**What you have to do**
Give again every line from the one with "Keeping-count Q operation" through the last line of the data, exactly, and leave out the lines before it.

**Material provided**
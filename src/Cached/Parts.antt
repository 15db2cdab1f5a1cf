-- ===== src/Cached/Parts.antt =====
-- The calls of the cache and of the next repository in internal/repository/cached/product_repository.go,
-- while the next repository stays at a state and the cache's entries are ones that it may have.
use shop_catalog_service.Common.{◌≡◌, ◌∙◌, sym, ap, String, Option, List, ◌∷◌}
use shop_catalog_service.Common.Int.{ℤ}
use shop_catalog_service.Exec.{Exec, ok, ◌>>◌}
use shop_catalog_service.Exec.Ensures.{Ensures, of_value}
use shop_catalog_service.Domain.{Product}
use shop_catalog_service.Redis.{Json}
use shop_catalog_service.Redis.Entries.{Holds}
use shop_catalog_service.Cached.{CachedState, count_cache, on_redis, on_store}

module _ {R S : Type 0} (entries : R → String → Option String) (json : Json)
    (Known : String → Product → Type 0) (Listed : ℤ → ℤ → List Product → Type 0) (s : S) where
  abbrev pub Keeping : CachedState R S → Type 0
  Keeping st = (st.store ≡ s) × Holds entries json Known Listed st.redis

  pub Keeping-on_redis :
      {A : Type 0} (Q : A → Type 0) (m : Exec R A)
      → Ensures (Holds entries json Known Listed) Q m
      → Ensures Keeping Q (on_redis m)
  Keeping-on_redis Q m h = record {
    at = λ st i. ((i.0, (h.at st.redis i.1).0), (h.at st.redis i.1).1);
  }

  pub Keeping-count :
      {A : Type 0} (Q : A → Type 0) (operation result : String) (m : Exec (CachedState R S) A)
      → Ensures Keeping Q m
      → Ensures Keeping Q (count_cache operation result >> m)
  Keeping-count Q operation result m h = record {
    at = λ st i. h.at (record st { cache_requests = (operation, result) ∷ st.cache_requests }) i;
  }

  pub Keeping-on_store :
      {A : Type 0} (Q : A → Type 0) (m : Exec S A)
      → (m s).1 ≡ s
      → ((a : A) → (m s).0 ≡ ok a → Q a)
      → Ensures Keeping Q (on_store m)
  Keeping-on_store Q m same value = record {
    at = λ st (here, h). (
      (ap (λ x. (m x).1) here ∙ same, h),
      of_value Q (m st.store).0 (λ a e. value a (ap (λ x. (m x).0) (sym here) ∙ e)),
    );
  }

**Output of the task**
  Keeping-count Q operation result m h = record {
    at = λ st i. h.at (record st { cache_requests = (operation, result) ∷ st.cache_requests }) i;
  }

  pub Keeping-on_store :
      {A : Type 0} (Q : A → Type 0) (m : Exec S A)
      → (m s).1 ≡ s
      → ((a : A) → (m s).0 ≡ ok a → Q a)
      → Ensures Keeping Q (on_store m)
  Keeping-on_store Q m same value = record {
    at = λ st (here, h). (
      (ap (λ x. (m x).1) here ∙ same, h),
      of_value Q (m st.store).0 (λ a e. value a (ap (λ x. (m x).0) (sym here) ∙ e)),
    );
  }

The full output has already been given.